Конкретных имен тут нет, но это про всех сразу. Тем более что идеология ИПЦ тут звучит из уст ее главного, согласно следствию, специалиста-идеолога. Такие показания подводили уже не одного Новоселова, а большое количество лиц (всю организацию ИПЦ) под расстрельную статью. Они ставили процесс над ИПЦ совершенно наравне с современным ему «Процессом Промпартии». Надо было нейтрализовать эти показания, а тут путь был один: свалить все на самого Лосева (просто промолчать по их поводу означало бы согласиться). Судя по приговорам, вынесенным в 1931 году, тактика сработала. Так, Новоселов, которому на момент вынесения приговора было 67 лет, получил всего лишь 8 лет, но не лагеря, а тюрьмы ОГПУ, то есть значительно более тяжелых условий. Очевидно, Новоселову готовили участь епископа Димитрия Гдовского – смерть в тюрьме. Вооруженного подполья никому «шить» не стали. Лосева тоже не стали приговаривать как повстанческого идеолога, дав ему и его жене соответственно 10 и 5 лет лагерей. Обоих освободили в 1933 году по ходатайству Е.П. Пешковой.
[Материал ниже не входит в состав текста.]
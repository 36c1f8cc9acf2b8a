-- ===== src/Fault/Frame.antt =====
-- What the functions of iommu_faults.c and iommu_interrupt.c leave alone: everything but the world,
-- the pending interrupts and MSIs, and the tail and the error bits of the fault queue.
use riscv_iommu_dv_model.Prelude.{ℕ, ◌≡◌, refl, ◌∙◌, ap, some, arith}
use riscv_iommu_dv_model.Iommu.{Iommu}
use riscv_iommu_dv_model.Iommu.Platform.{Platform}
use riscv_iommu_dv_model.Fault.{
  IntUnit, fault_queue, store_frec, queue_fault, mark_pending, generate_interrupt, report_fault,
  release_pending_interrupt,
}
use riscv_iommu_dv_model.Fault.Record.{Fault}
use riscv_iommu_dv_model.Fault.Relation.{
  IsRespected, generate_interrupt-respects, report_fault-respects,
  release_pending_interrupt-respects,
}

module _ {W : Type 0} where
  -- `s` with the parts of `t` that faults and interrupts may change.
  abbrev pub merge : Iommu W → Iommu W → Iommu W
  merge s t =
      let r = s.reg_file in
      let c = r.fqcsr in
      record s {
        world = t.world;
        msi_pending = t.msi_pending;
        reg_file = record r {
          ipsr = t.reg_file.ipsr;
          fqt = t.reg_file.fqt;
          fqcsr = record c { fqmf = t.reg_file.fqcsr.fqmf; fqof = t.reg_file.fqcsr.fqof };
        };
      }

  -- `t` differs from `s` in those parts only.
  abbrev pub SameBut : Iommu W → Iommu W → Type 0
  SameBut s t = t ≡ merge s t

module _ {W : Type 0} (P : Platform W) where
  SameBut-queue_fault : (s t : Iommu W) (f : Fault) → queue_fault P s f ≡ some t → SameBut s t
  unfolding queue_fault store_frec
  SameBut-queue_fault s t f h = ground arith

  SameBut-mark_pending :
      (s t : Iommu W) (unit : IntUnit) (vec : ℕ) → mark_pending s unit ≡ some (t, vec) → SameBut s t
  unfolding mark_pending
  SameBut-mark_pending s t fault_queue vec h = ground arith
  SameBut-mark_pending s t _ vec h = ground arith

  SameBut-IsRespected : IsRespected P SameBut
  SameBut-IsRespected = record {
    stay = λ s. refl;
    chain = λ s t u h k. k ∙ ap (λ x. merge x u) h;
    world_changes = λ s w. refl;
    msi_marked = λ s l. refl;
    marked = λ s t unit vec. SameBut-mark_pending s t unit vec;
    queued = λ s t f. SameBut-queue_fault s t f;
  }

  -- An interrupt changes no more than the world, the pending bits, and the fault queue's tail and
  -- error bits: the other queues, the caches and the configuration stay as they are.
  pub generate_interrupt-SameBut :
      (s : Iommu W) (unit : IntUnit) → SameBut s (generate_interrupt P s unit)
  generate_interrupt-SameBut = generate_interrupt-respects P SameBut SameBut-IsRespected

  -- Reporting a fault, with all interrupts and further faults that it causes, changes no more than the
  -- world, the pending interrupts and MSIs, and the tail and the error bits of the fault queue.
  pub report_fault-SameBut : (s : Iommu W) (f : Fault) → SameBut s (report_fault P s f)
  report_fault-SameBut = report_fault-respects P SameBut SameBut-IsRespected

  pub release_pending_interrupt-SameBut :
      (s : Iommu W) (vec : ℕ) → SameBut s (release_pending_interrupt P s vec)
  release_pending_interrupt-SameBut =
      release_pending_interrupt-respects P SameBut SameBut-IsRespected
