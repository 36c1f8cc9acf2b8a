-- ===== src/Ats/Fence.antt =====
-- `do_iofence_c` of iommu_command_queue.c: when a fence completes, and what it leaves where it does
-- not.
use riscv_iommu_dv_model.Prelude.{
  ℕ, Bool, true, false, not, ◌&&◌, if◌then◌else◌, ◌≡◌, ◌≢◌, refl, ◌∙◌, ap, inl, inr, arith,
  Bool-cases, ◌==◌,
}
use riscv_iommu_dv_model.Iommu.{Iommu}
use riscv_iommu_dv_model.Iommu.Regs.{RegFile}
use riscv_iommu_dv_model.Iommu.Platform.{Platform}
use riscv_iommu_dv_model.Fault.{command_queue, IntUnit, generate_interrupt, own_write}
use riscv_iommu_dv_model.Fault.Frame.{generate_interrupt-SameBut}
use riscv_iommu_dv_model.Ats.{
  Iofence, any_ats_invalidation_requests_pending, set_cmd_to, set_cqmf, set_cmd_ill, set_fence_w_ip,
  fence_sync, fence_commit, do_iofence_c,
}

-- The base, the head and the tail of the command queue are the same, and no error bit is lost.
pub record SameQueue (r r' : RegFile) : Type 0 where
  pub same_base : r'.cqb ≡ r.cqb
  pub same_head : r'.cqh ≡ r.cqh
  pub same_tail : r'.cqt ≡ r.cqt

abbrev pub SameQueue-refl : (r : RegFile) → SameQueue r r
SameQueue-refl r = record { same_base = refl; same_head = refl; same_tail = refl }

pub SameQueue-trans : (r r' r'' : RegFile) → SameQueue r r' → SameQueue r' r'' → SameQueue r r''
SameQueue-trans r r' r'' h k = record {
  same_base = k.same_base ∙ h.same_base;
  same_head = k.same_head ∙ h.same_head;
  same_tail = k.same_tail ∙ h.same_tail;
}

-- Why a fence is not done.
pub data IsBlocked {W : Type 0} (t : Iommu W) : Type 0 where
  waits : t.iofence_wait_pending_inv ≡ 1 → IsBlocked t
  timed_out : t.reg_file.cqcsr.cmd_to ≡ true → IsBlocked t
  write_failed : t.reg_file.cqcsr.cqmf ≡ true → IsBlocked t

-- How `do_iofence_c` ends, as a statement on the value and the state that it returns.
pub data FenceEnds {W : Type 0} (s : Iommu W) (r : ℕ × Iommu W) : Type 0 where
  done :
      r.0 ≡ 0
      → any_ats_invalidation_requests_pending s ≡ false
      → s.ats_inv_req_timeout ≢ 1
      → r.1.iofence_wait_pending_inv ≡ 0
      → FenceEnds s r
  blocked : r.0 ≡ 1 → IsBlocked r.1 → FenceEnds s r

module _ {W : Type 0} (P : Platform W) where
  -- What an interrupt leaves alone of the command queue.
  pub generate_interrupt-cqcsr :
      (s : Iommu W) (u : IntUnit) → (generate_interrupt P s u).reg_file.cqcsr ≡ s.reg_file.cqcsr
  generate_interrupt-cqcsr s u = ap (λ x. x.reg_file.cqcsr) (generate_interrupt-SameBut P s u)

  pub generate_interrupt-SameQueue :
      (s : Iommu W) (u : IntUnit) → SameQueue s.reg_file (generate_interrupt P s u).reg_file
  generate_interrupt-SameQueue s u = record {
    same_base = ap (λ x. x.reg_file.cqb) (generate_interrupt-SameBut P s u);
    same_head = ap (λ x. x.reg_file.cqh) (generate_interrupt-SameBut P s u);
    same_tail = ap (λ x. x.reg_file.cqt) (generate_interrupt-SameBut P s u);
  }

  -- An interrupt that is raised under a test.
  raised-SameQueue :
      (b : Bool) (s m : Iommu W) (u : IntUnit)
      → SameQueue s.reg_file m.reg_file
      → SameQueue s.reg_file (if b then s else generate_interrupt P m u).reg_file
  raised-SameQueue true s m u h = SameQueue-refl s.reg_file
  raised-SameQueue false s m u h =
      SameQueue-trans s.reg_file m.reg_file (generate_interrupt P m u).reg_file h
        (generate_interrupt-SameQueue m u)

  raised-wait :
      (b : Bool) (s m : Iommu W)
      → m.iofence_wait_pending_inv ≡ s.iofence_wait_pending_inv
      → (if b then s else generate_interrupt P m command_queue).iofence_wait_pending_inv
        ≡ s.iofence_wait_pending_inv
  raised-wait true s m h = refl
  raised-wait false s m h =
      ap (λ x. x.iofence_wait_pending_inv) (generate_interrupt-SameBut P m command_queue) ∙ h

  raised-flag :
      (flag : RegFile → Bool) (s m : Iommu W)
      → ((t : RegFile) → t.cqcsr ≡ m.reg_file.cqcsr → flag t ≡ true)
      → flag (if flag s.reg_file then s else generate_interrupt P m command_queue).reg_file ≡ true
  raised-flag flag s m h = elim (Bool-cases (flag s.reg_file)) [
    | inl y ↦ rw y y
    | inr n ↦ rw n (
        h (generate_interrupt P m command_queue).reg_file
          (generate_interrupt-cqcsr m command_queue))
  ]

  pub set_cqmf-SameQueue : (s : Iommu W) → SameQueue s.reg_file (set_cqmf P s).reg_file
  unfolding set_cqmf
  set_cqmf-SameQueue s =
      raised-SameQueue s.reg_file.cqcsr.cqmf s _ command_queue
        (record { same_base = refl; same_head = refl; same_tail = refl })

  pub set_cmd_to-SameQueue : (s : Iommu W) → SameQueue s.reg_file (set_cmd_to P s).reg_file
  unfolding set_cmd_to
  set_cmd_to-SameQueue s =
      raised-SameQueue s.reg_file.cqcsr.cmd_to s _ command_queue
        (record { same_base = refl; same_head = refl; same_tail = refl })

  pub set_cmd_ill-SameQueue : (s : Iommu W) → SameQueue s.reg_file (set_cmd_ill P s).reg_file
  unfolding set_cmd_ill
  set_cmd_ill-SameQueue s =
      raised-SameQueue s.reg_file.cqcsr.cmd_ill s _ command_queue
        (record { same_base = refl; same_head = refl; same_tail = refl })

  set_fence_w_ip-SameQueue :
      (s : Iommu W) (b : ℕ) → SameQueue s.reg_file (set_fence_w_ip P s b).reg_file
  unfolding set_fence_w_ip
  set_fence_w_ip-SameQueue s b =
      let r = s.reg_file in
      let c = r.cqcsr in
      let m : Iommu W = record s {
        reg_file = record r { cqcsr = record c { fence_w_ip = true } };
      } in
      let raise : SameQueue s.reg_file (generate_interrupt P m command_queue).reg_file =
        raised-SameQueue false s m command_queue
          (record { same_base = refl; same_head = refl; same_tail = refl }) in
      elim (Bool-cases (not c.fence_w_ip && b == 1)) [
        | inl y ↦ rw y raise
        | inr n ↦ rw n (SameQueue-refl r)
      ]

  pub set_cqmf-cqmf : (s : Iommu W) → (set_cqmf P s).reg_file.cqcsr.cqmf ≡ true
  unfolding set_cqmf
  set_cqmf-cqmf s = raised-flag (λ r. r.cqcsr.cqmf) s _ (λ t e. ap (λ x. x.cqmf) e)

  pub set_cmd_to-cmd_to : (s : Iommu W) → (set_cmd_to P s).reg_file.cqcsr.cmd_to ≡ true
  unfolding set_cmd_to
  set_cmd_to-cmd_to s = raised-flag (λ r. r.cqcsr.cmd_to) s _ (λ t e. ap (λ x. x.cmd_to) e)

  pub set_cmd_ill-cmd_ill : (s : Iommu W) → (set_cmd_ill P s).reg_file.cqcsr.cmd_ill ≡ true
  unfolding set_cmd_ill
  set_cmd_ill-cmd_ill s = raised-flag (λ r. r.cqcsr.cmd_ill) s _ (λ t e. ap (λ x. x.cmd_ill) e)

  set_fence_w_ip-wait :
      (s : Iommu W) (b : ℕ)
      → (set_fence_w_ip P s b).iofence_wait_pending_inv ≡ s.iofence_wait_pending_inv
  unfolding set_fence_w_ip
  set_fence_w_ip-wait s b =
      let r = s.reg_file in
      let c = r.cqcsr in
      let m : Iommu W = record s {
        reg_file = record r { cqcsr = record c { fence_w_ip = true } };
      } in
      let same =
        ap (λ x. x.iofence_wait_pending_inv) (generate_interrupt-SameBut P m command_queue) in
      elim (Bool-cases (not c.fence_w_ip && b == 1)) [ inl y ↦ rw y same | inr n ↦ rw n refl ]

  fence_sync-same :
      (s : Iommu W) (f : Iofence)
      → ((fence_sync P s f).reg_file ≡ s.reg_file)
        × ((fence_sync P s f).iofence_wait_pending_inv ≡ s.iofence_wait_pending_inv)
  unfolding fence_sync
  fence_sync-same s f = ground arith

  fence_commit-FenceEnds :
      (s t : Iommu W) (f : Iofence)
      → any_ats_invalidation_requests_pending s ≡ false
      → s.ats_inv_req_timeout ≢ 1
      → t.iofence_wait_pending_inv ≡ 0
      → FenceEnds s (fence_commit P t f)
  unfolding fence_commit
  fence_commit-FenceEnds s t f free in_time ready =
      let u = fence_sync P t f in
      let (status, w) = own_write P u f.word f.addr 4 in
      let written : Iommu W = record u { world = w } in
      elim (Bool-cases (f.av == 1 && not (status == 0))) [
        | inl y ↦ simp y (blocked refl (write_failed (set_cqmf-cqmf written)))
        | inr n ↦ elim (Bool-cases (f.av == 1)) [
          | inl a ↦ rw n (
              rw a (
                done refl free in_time
                  (set_fence_w_ip-wait written f.wsi_bit ∙ (fence_sync-same t f).1 ∙ ready)))
          | inr a ↦ rw n (
              rw a (
                done refl free in_time
                  (set_fence_w_ip-wait u f.wsi_bit ∙ (fence_sync-same t f).1 ∙ ready)))
        ]
      ]

  fence_commit-SameQueue :
      (s : Iommu W) (f : Iofence) → SameQueue s.reg_file (fence_commit P s f).1.reg_file
  unfolding fence_commit
  fence_commit-SameQueue s f =
      let u = fence_sync P s f in
      let (status, w) = own_write P u f.word f.addr 4 in
      let written : Iommu W = record u { world = w } in
      let same = (fence_sync-same s f).0 in
      let start : SameQueue s.reg_file u.reg_file = record {
        same_base = ap (λ r. r.cqb) same;
        same_head = ap (λ r. r.cqh) same;
        same_tail = ap (λ r. r.cqt) same;
      } in
      let chain = λ (t : Iommu W). SameQueue-trans s.reg_file u.reg_file t.reg_file start in
      elim (Bool-cases (f.av == 1 && not (status == 0))) [
        | inl y ↦ simp y (chain (set_cqmf P written) (set_cqmf-SameQueue written))
        | inr n ↦ elim (Bool-cases (f.av == 1)) [
          | inl a ↦ rw n (
              rw a (
                chain (set_fence_w_ip P written f.wsi_bit)
                  (set_fence_w_ip-SameQueue written f.wsi_bit)))
          | inr a ↦
              rw n
                (rw a (chain (set_fence_w_ip P u f.wsi_bit) (set_fence_w_ip-SameQueue u f.wsi_bit)))
        ]
      ]

  -- `do_iofence_c` either returns 0 and is done, which it does only where no invalidation request is
  -- pending and none has timed out, or returns 1 and leaves the queue blocked: the fence waits, or
  -- the timeout bit is set, or the memory-fault bit.
  pub do_iofence_c-FenceEnds : (s : Iommu W) (f : Iofence) → FenceEnds s (do_iofence_c P s f)
  unfolding do_iofence_c
  do_iofence_c-FenceEnds s f =
      let ready : Iommu W = record s { iofence_wait_pending_inv = 0 } in
      elim (Bool-cases (any_ats_invalidation_requests_pending s)) [
        | inl y ↦ simp y (blocked refl (waits refl))
        | inr n ↦ elim (Bool-cases (s.ats_inv_req_timeout == 1)) [
          | inl y ↦ simp (n, y) (blocked refl (timed_out (set_cmd_to-cmd_to ready)))
          | inr m ↦ simp (n, m) (fence_commit-FenceEnds s ready f n (λ e. ground arith) refl)
        ]
      ]

  pub do_iofence_c-SameQueue :
      (s : Iommu W) (f : Iofence) → SameQueue s.reg_file (do_iofence_c P s f).1.reg_file
  unfolding do_iofence_c
  do_iofence_c-SameQueue s f =
      let ready : Iommu W = record s { iofence_wait_pending_inv = 0 } in
      elim (Bool-cases (any_ats_invalidation_requests_pending s)) [
        | inl y ↦ simp y (record { same_base = refl; same_head = refl; same_tail = refl })
        | inr n ↦
            let same = set_cmd_to-SameQueue ready in
            elim (Bool-cases (s.ats_inv_req_timeout == 1)) [
              | inl y ↦
                  simp (n, y)
                    (record {
                      same_base = same.same_base;
                      same_head = same.same_head;
                      same_tail = same.same_tail;
                    })
              | inr m ↦
                  let rest = fence_commit-SameQueue ready f in
                  simp (n, m)
                    (record {
                      same_base = rest.same_base;
                      same_head = rest.same_head;
                      same_tail = rest.same_tail;
                    })
            ]
      ]

  pub set_cmd_to-wait :
      (s : Iommu W) → (set_cmd_to P s).iofence_wait_pending_inv ≡ s.iofence_wait_pending_inv
  unfolding set_cmd_to
  set_cmd_to-wait s = raised-wait s.reg_file.cqcsr.cmd_to s _ refl

  set_cqmf-wait :
      (s : Iommu W) → (set_cqmf P s).iofence_wait_pending_inv ≡ s.iofence_wait_pending_inv
  unfolding set_cqmf
  set_cqmf-wait s = raised-wait s.reg_file.cqcsr.cqmf s _ refl

  pub fence_commit-wait :
      (s : Iommu W) (f : Iofence)
      → (fence_commit P s f).1.iofence_wait_pending_inv ≡ s.iofence_wait_pending_inv
  unfolding fence_commit
  fence_commit-wait s f =
      let u = fence_sync P s f in
      let (status, w) = own_write P u f.word f.addr 4 in
      let written : Iommu W = record u { world = w } in
      let same = (fence_sync-same s f).1 in
      elim (Bool-cases (f.av == 1 && not (status == 0))) [
        | inl y ↦ simp y (set_cqmf-wait written ∙ same)
        | inr n ↦ elim (Bool-cases (f.av == 1)) [
          | inl a ↦ rw n (rw a (set_fence_w_ip-wait written f.wsi_bit ∙ same))
          | inr a ↦ rw n (rw a (set_fence_w_ip-wait u f.wsi_bit ∙ same))
        ]
      ]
Ужесточение условий содержания в тюрьмах НКВД иногда бывало обставлено несколько трагикомично. Так, по результатам беседы с Новоселовым 4 декабря 1935 года тюремный врач предложил администрации тюрьмы ужесточить режим содержания, лишив заключенного белого хлеба. В 1937 году у Новоселова заканчивался срок, и ему автоматически выписали еще три года. Из Ярославской тюрьмы НКВД его перевели в Вологодскую. Режим содержания вновь ужесточился. Заключенных стали называть не по фамилиям, а по номерам. Номер Новоселова был 227. О быте его последней в жизни камеры № 46 Вологодской тюрьмы довольно много известно из донесений «наседки» по фамилии Базилевский. Видимо, люди там сидели, в основном, хорошие. Всего шесть человек плюс «наседка». Общим мнением было то, что новый режим содержания – это режим уничтожения. Но до уничтожения в камере дело не дошло, так как «политических» стали массово расстреливать. Такое происходило по всей стране. Так, во время массовых расстрелов заключенных Соловецкого лагеря в 1937 году расстреляли Флоренского. Новоселова приговорили к расстрелу 17 января 1938 года и расстреляли 20 января.
Пришвина вспоминает с чьих-то слов о некоем турке, который познакомился с Новоселовым в тюремной больнице и был им обращен в православие. Этот турок освободился и нашел каких-то помогавших Новоселову старушек, которым рассказывал о Новоселове как о святом. Этот типичный легендарный мотив находит частичное подтверждение в том факте, что среди последних сокамерников Новоселова был турок. Базилевский его охарактеризовал так: «Лексан – тюрок [sic!], полный злобы и недовольства на советскую власть, ее режим и ее руководителей, от мала до велика».